In 1818, Charles Brudenell-Bruce, 2nd Earl of Ailesbury, added stables to the design of Thomas Cundy II. In 1823–26 he enlarged and remodelled the house, again to the designs of Thomas Cundy.

==Modern use==
The Ailesbury family lived in the house, sharing it during the Second World War with the US Army, until 1946. Thereafter it was used by Hawtreys Preparatory School until 1994 when Hawtreys merged with Cheam School, Newbury. It was then leased for ten years to the Amber Foundation, a charity which helped unemployed troubled young people to rebuild their lives, but its work there ended due to cuts in government support.

In 1966, the house was designated as Grade I listed, while the small octagonal folly building (c. 1720) in the deer park, and the stable block (1819) were designated Grade II*.

David Brudenell-Bruce, Earl of Cardigan owned 49% and his son Thomas James Brudenell-Bruce, Viscount Savernake owned 51%. Between 2011 and 2017, the impoverished Earl was involved in a bitter legal battle with the trustees.

In 2006 the house, with its 50-horse stable block, outbuildings and some farmland, was leased for 150 years to a consortium of Golf Club Investment Holdings, Conduit Investments, and (as operator) the Buena Vista Hospitality Group of Orlando, Florida, with the intention of creating a luxury hotel, conference, spa, and golfing centre.
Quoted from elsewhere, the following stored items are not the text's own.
-- ===== src/Memory.antt =====
-- workflowtest/memory_store.go: the store in memory. Its mutex makes each operation one step. The
-- loops over the maps of tasks and of messages run in an order that Go leaves open (`ScanOrder`).
mod Examples
pub mod Sorting
pub mod Ops
pub mod Claims
pub mod Updates
pub mod Keys
pub mod Keyed
pub mod Attempts
pub mod Timeline
pub mod Due
use fsm_go.Prelude.{
  ℤ, pos, ltb_ℤ, leb_ℤ, eq_ℤ, String, append, Bool, true, false, not, ◌&&◌, ◌||◌, Option, none,
  some, List, [], ◌∷◌, ◌++◌, map, Permᴰ, ◌==◌, length, keep, if◌then◌else◌,
}
use fsm_go.Dict.{Dict, lookup, insert, insert_all, values}
use fsm_go.Errors.{Result, ok, err, not_found, concurrent_update}
use fsm_go.Types.{
  Time, clone_map, TaskStatus, WorkflowInstance, TaskExecution, ExecutionHistory, OutboxMessage,
  CreateInstanceRequest, UpdateInstanceRequest, CompleteTaskRequest,
}
use fsm_go.World.{Env, World, Act, pure, on_store, ◌>>=◌, wall_now}
use fsm_go.Store.{Store}
use Sorting.{sort_stable}

pub record MemoryStore : Type 0 where
  pub instances : Dict WorkflowInstance
  pub tasks : Dict TaskExecution
  pub history : List ExecutionHistory
  pub idempotency : Dict String
  pub outbox : Dict OutboxMessage

pub record ScanOrder : Type 0 where
  pub tasks : List TaskExecution → List TaskExecution
  pub outbox : List OutboxMessage → List OutboxMessage
  pub tasks_perm : (xs : List TaskExecution) → Permᴰ (tasks xs) xs
  pub outbox_perm : (xs : List OutboxMessage) → Permᴰ (outbox xs) xs

abbrev pub new_memory_store : MemoryStore
new_memory_store = record {
  instances = [];
  tasks = [];
  history = [];
  idempotency = [];
  outbox = [];
}

abbrev pub clone_instance : WorkflowInstance → WorkflowInstance
clone_instance i = record i { fields = clone_map i.fields }

abbrev pub clone_task : TaskExecution → TaskExecution
clone_task t = record t { input = clone_map t.input; output = clone_map t.output }

abbrev pub clone_history : ExecutionHistory → ExecutionHistory
clone_history h = record h { payload = clone_map h.payload }

abbrev pub clone_outbox : OutboxMessage → OutboxMessage
clone_outbox m = record m { payload = clone_map m.payload }

-- `for _, task := range tasks { s.tasks[task.ID] = cloneTask(task) }`
abbrev pub put_tasks : List TaskExecution → Dict TaskExecution → Dict TaskExecution
put_tasks ts = insert_all (λ t. t.id) (map clone_task ts)

abbrev pub put_outbox : List OutboxMessage → Dict OutboxMessage → Dict OutboxMessage
put_outbox ms = insert_all (λ m. m.id) (map clone_outbox ms)

-- appendHistoryLocked
abbrev pub append_locked : List ExecutionHistory → List ExecutionHistory → List ExecutionHistory
append_locked items history = history ++ map clone_history items

unfoldable pub create_instance :
    CreateInstanceRequest → MemoryStore → Result (Unit {0}) × MemoryStore
create_instance req s = (
  ok tt,
  record s {
    instances = insert req.instance.id (clone_instance req.instance) s.instances;
    history = append_locked req.history s.history;
    tasks = put_tasks req.tasks s.tasks;
    outbox = put_outbox req.outbox s.outbox;
  },
)

unfoldable pub get_instance : String → MemoryStore → Result WorkflowInstance × MemoryStore
get_instance id s = elim (lookup id s.instances) [
  | none ↦ (err (not_found "workflow_instance" id), s)
  | some i ↦ (ok (clone_instance i), s)
]

unfoldable pub update_instance :
    UpdateInstanceRequest → MemoryStore → Result (Unit {0}) × MemoryStore
update_instance req s = elim (lookup req.instance.id s.instances) [
  | none ↦ (err (not_found "workflow_instance" req.instance.id), s)
  | some current ↦
      if not (eq_ℤ current.revision req.expected_revision)
      then (err (concurrent_update req.instance.id), s)
      else (
        ok tt,
        record s {
          instances = insert req.instance.id (clone_instance req.instance) s.instances;
          history = append_locked req.history s.history;
          tasks = put_tasks req.tasks s.tasks;
          outbox = put_outbox req.outbox s.outbox;
        },
      )
]

unfoldable pub append_history :
    List ExecutionHistory → MemoryStore → Result (Unit {0}) × MemoryStore
append_history items s = (ok tt, record s { history = append_locked items s.history })

-- the less function of the sort: out[i].CreatedAt.Before(out[j].CreatedAt)
abbrev pub created_before : ExecutionHistory → ExecutionHistory → Bool
created_before a b = ltb_ℤ a.created_at b.created_at

unfoldable pub list_history : String → MemoryStore → Result (List ExecutionHistory) × MemoryStore
list_history instance_id s = (
  ok (
      sort_stable created_before
        (map clone_history (keep (λ h. h.instance_id == instance_id) s.history))),
  s,
)

-- task.Status == TaskPending || task.Status == TaskRetrying
abbrev pub is_waiting : TaskStatus → Bool
is_waiting TaskStatus.pending = true
is_waiting TaskStatus.retrying = true
is_waiting _ = false

-- waiting, and !task.NextRunAt.After(now)
abbrev pub is_due : Time → TaskExecution → Bool
is_due now t = is_waiting t.status && not (ltb_ℤ now t.next_run_at)

-- the scan of ListDueTasks, which ends once `out` has `limit` tasks
unfoldable pub scan_due : ℤ → Time → List TaskExecution → List TaskExecution → List TaskExecution
scan_due limit now [] out = out
scan_due limit now (t ∷ ts) out =
    let rest = scan_due limit now ts (if is_due now t then out ++ clone_task t ∷ [] else out) in
    if leb_ℤ limit (pos (length out)) then out else rest

abbrev pub runs_before : TaskExecution → TaskExecution → Bool
runs_before a b = ltb_ℤ a.next_run_at b.next_run_at

unfoldable pub list_due_tasks :
    ScanOrder → ℤ → Time → MemoryStore → Result (List TaskExecution) × MemoryStore
list_due_tasks order limit now s =
    (ok (sort_stable runs_before (scan_due limit now (order.tasks (values s.tasks)) [])), s)

-- `now` is the reading of the system clock that marks the update
unfoldable pub mark_task_running :
    String → ℤ → Time → MemoryStore → Result TaskExecution × MemoryStore
mark_task_running id attempt now s = elim (lookup id s.tasks) [
  | none ↦ (err (not_found "task_execution" id), s)
  | some t ↦
      if not (eq_ℤ t.attempt attempt) || not (is_waiting t.status)
      then (err (concurrent_update t.instance_id), s)
      else let marked = clone_task (record t { status = TaskStatus.running; updated_at = now }) in
        (ok (clone_task marked), record s { tasks = insert id marked s.tasks })
]

unfoldable pub complete_task : CompleteTaskRequest → MemoryStore → Result (Unit {0}) × MemoryStore
complete_task req s = (
  ok tt,
  record s {
    history = append_locked req.history s.history;
    tasks = put_tasks req.tasks (insert req.task.id (clone_task req.task) s.tasks);
    outbox = put_outbox req.outbox s.outbox;
  },
)

abbrev pub scoped : String → String → String
scoped scope key = append scope (append ":" key)

unfoldable pub record_idempotency :
    String → String → String → MemoryStore → Result Bool × MemoryStore
record_idempotency scope key result_id s = elim (lookup (scoped scope key) s.idempotency) [
  | some existing ↦ (ok (existing == result_id), s)
  | none ↦ (ok true, record s { idempotency = insert (scoped scope key) result_id s.idempotency })
]

unfoldable pub get_idempotency :
    String → String → MemoryStore → Result (Option String) × MemoryStore
get_idempotency scope key s = (ok (lookup (scoped scope key) s.idempotency), s)

unfoldable pub append_outbox : List OutboxMessage → MemoryStore → Result (Unit {0}) × MemoryStore
append_outbox ms s = (ok tt, record s { outbox = put_outbox ms s.outbox })

abbrev pub is_unpublished : OutboxMessage → Bool
is_unpublished m = m.status == "" || m.status == "pending"

-- the scan of ListOutbox; a limit of zero or less is none
unfoldable pub scan_outbox : ℤ → List OutboxMessage → List OutboxMessage → List OutboxMessage
scan_outbox limit [] out = out
scan_outbox limit (m ∷ ms) out =
    let rest =
      scan_outbox limit ms (if is_unpublished m then out ++ clone_outbox m ∷ [] else out) in
    if ltb_ℤ (pos 0) limit && leb_ℤ limit (pos (length out)) then out else rest

unfoldable pub list_outbox : ScanOrder → ℤ → MemoryStore → Result (List OutboxMessage) × MemoryStore
list_outbox order limit s = (ok (scan_outbox limit (order.outbox (values s.outbox)) []), s)

unfoldable pub mark_outbox_published : String → Time → MemoryStore → Result (Unit {0}) × MemoryStore
mark_outbox_published id now s = elim (lookup id s.outbox) [
  | none ↦ (err (not_found "outbox" id), s)
  | some m ↦ (
    ok tt,
    record s { outbox = insert id (record m { status = "published"; updated_at = now }) s.outbox },
  )
]

-- The store as an implementation of the interface. `MarkTaskRunning` and `MarkOutboxPublished`
-- read the system clock, here at once: a reading that an error leaves unused moves the counter only.
abbrev pub memory_store : ⦃env : Env⦄ → ScanOrder → Store MemoryStore
memory_store order = record {
  create_instance = λ req. on_store (create_instance req);
  get_instance = λ id. on_store (get_instance id);
  update_instance = λ req. on_store (update_instance req);
  append_history = λ items. on_store (append_history items);
  list_history = λ id. on_store (list_history id);
  list_due_tasks = λ limit now. on_store (list_due_tasks order limit now);
  mark_task_running = λ id attempt. wall_now >>= λ now. on_store (mark_task_running id attempt now);
  complete_task = λ req. on_store (complete_task req);
  record_idempotency = λ scope key id. on_store (record_idempotency scope key id);
  get_idempotency = λ scope key. on_store (get_idempotency scope key);
  append_outbox = λ ms. on_store (append_outbox ms);
  list_outbox = λ limit. on_store (list_outbox order limit);
  mark_outbox_published = λ id. wall_now >>= λ now. on_store (mark_outbox_published id now);
}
Full planning permission was obtained, with the co-operation of the local Planning Authority and English Heritage, and an investment in the project of £50 million was announced. However 18 months later, before starting any building work, the consortium failed during the recession, and the lease ended.
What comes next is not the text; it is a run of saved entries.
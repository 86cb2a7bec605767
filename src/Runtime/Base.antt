-- ===== src/Runtime/Base.antt =====
-- The runtime's parts (workflow/runtime.go): the registered machines and handlers, and `Runtime` itself.
use fsm_go.Prelude.{String, append, Option, none, some, []}
use fsm_go.Dict.{Dict, lookup, insert}
use fsm_go.Errors.{Error, Result, ok, err, not_found}
use fsm_go.Types.{Duration, TaskContext, TaskResult}
use fsm_go.Store.{Store}
use fsm_go.Compiler.{Machine}

-- The application's code. It is given the time that its context leaves, if there is a deadline. It may
-- call the runtime, and other workers run beside it: so it takes the store to any other.
abbrev pub TaskHandler : Type 0 → Type 0
TaskHandler S = Option Duration → TaskContext → S → (TaskResult × Option Error) × S

-- the clock is the environment's
pub record Runtime (S : Type 0) : Type 0 where
  pub store : Store S
  pub machines : Dict Machine
  pub handlers : Dict (TaskHandler S)

abbrev pub machine_key : String → String → String
machine_key name version = append name (append ":" version)

module _ {S : Type 0} where
  abbrev pub new_runtime : Store S → Runtime S
  new_runtime store = record { store = store; machines = []; handlers = [] }

  abbrev pub register_machine : Machine → Runtime S → Runtime S
  register_machine machine r = record r {
    machines = insert (machine_key machine.name machine.version) machine r.machines;
  }

  abbrev pub register_task : String → TaskHandler S → Runtime S → Runtime S
  register_task name handler r = record r { handlers = insert name handler r.handlers }

  unfoldable pub find_machine : Runtime S → String → String → Result Machine
  find_machine r name version = elim (lookup (machine_key name version) r.machines) [
    | none ↦ err (not_found "workflow" (machine_key name version))
    | some machine ↦ ok machine
  ]

  unfoldable pub find_handler : Runtime S → String → Result (TaskHandler S)
  find_handler r name = elim (lookup name r.handlers) [
    | none ↦ err (not_found "handler" name)
    | some handler ↦ ok handler
  ]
In 2014, the trustees sold the house and 800 acres for £11.25m to an undisclosed buyer, which was believed to be multi-millionaire property developer Jamie Ritblat after overcoming a legal challenge from the Earl of Cardigan. In November 2014 the Earl was reported in the Daily Telegraph newspaper to be living with his second wife and baby daughter in an unheated lodge in the grounds of Tottenham House on a £71-a-week jobseeker's allowance while training to be a lorry driver. He is still theoretically the hereditary Warden of Savernake Forest and has stated he was: "put on this earth to take care of Savernake and I will never let it go". He was due to benefit from the sale proceeds and would still own jointly with the trustees 3,700 acres, mainly woodland, in Savernake Forest. In 2017 he was able to remove both trustees from office, and restore his family’s income.

As of 2017, the house had been unoccupied since 2005. Plans were submitted in December 2017 to return the house, stables, outbuildings, and park to a family residence.

==In popular culture==

- The house featured as the boys' school Dryden Park in the 1995 film A Feast at Midnight, starring Christopher Lee.
- In 2006, the band Radiohead recorded part of their 2007 album In Rainbows at the house.
- In 2013, the house and Savernake estate were used as the location for a short film commissioned by electronica pioneers Goldfrapp to promote the song 'Drew' from their album Tales of Us. Shot in black and white by film editor Lisa Gunning, the internal and external aspects of the house and surrounding forest feature extensively in the five-minute film.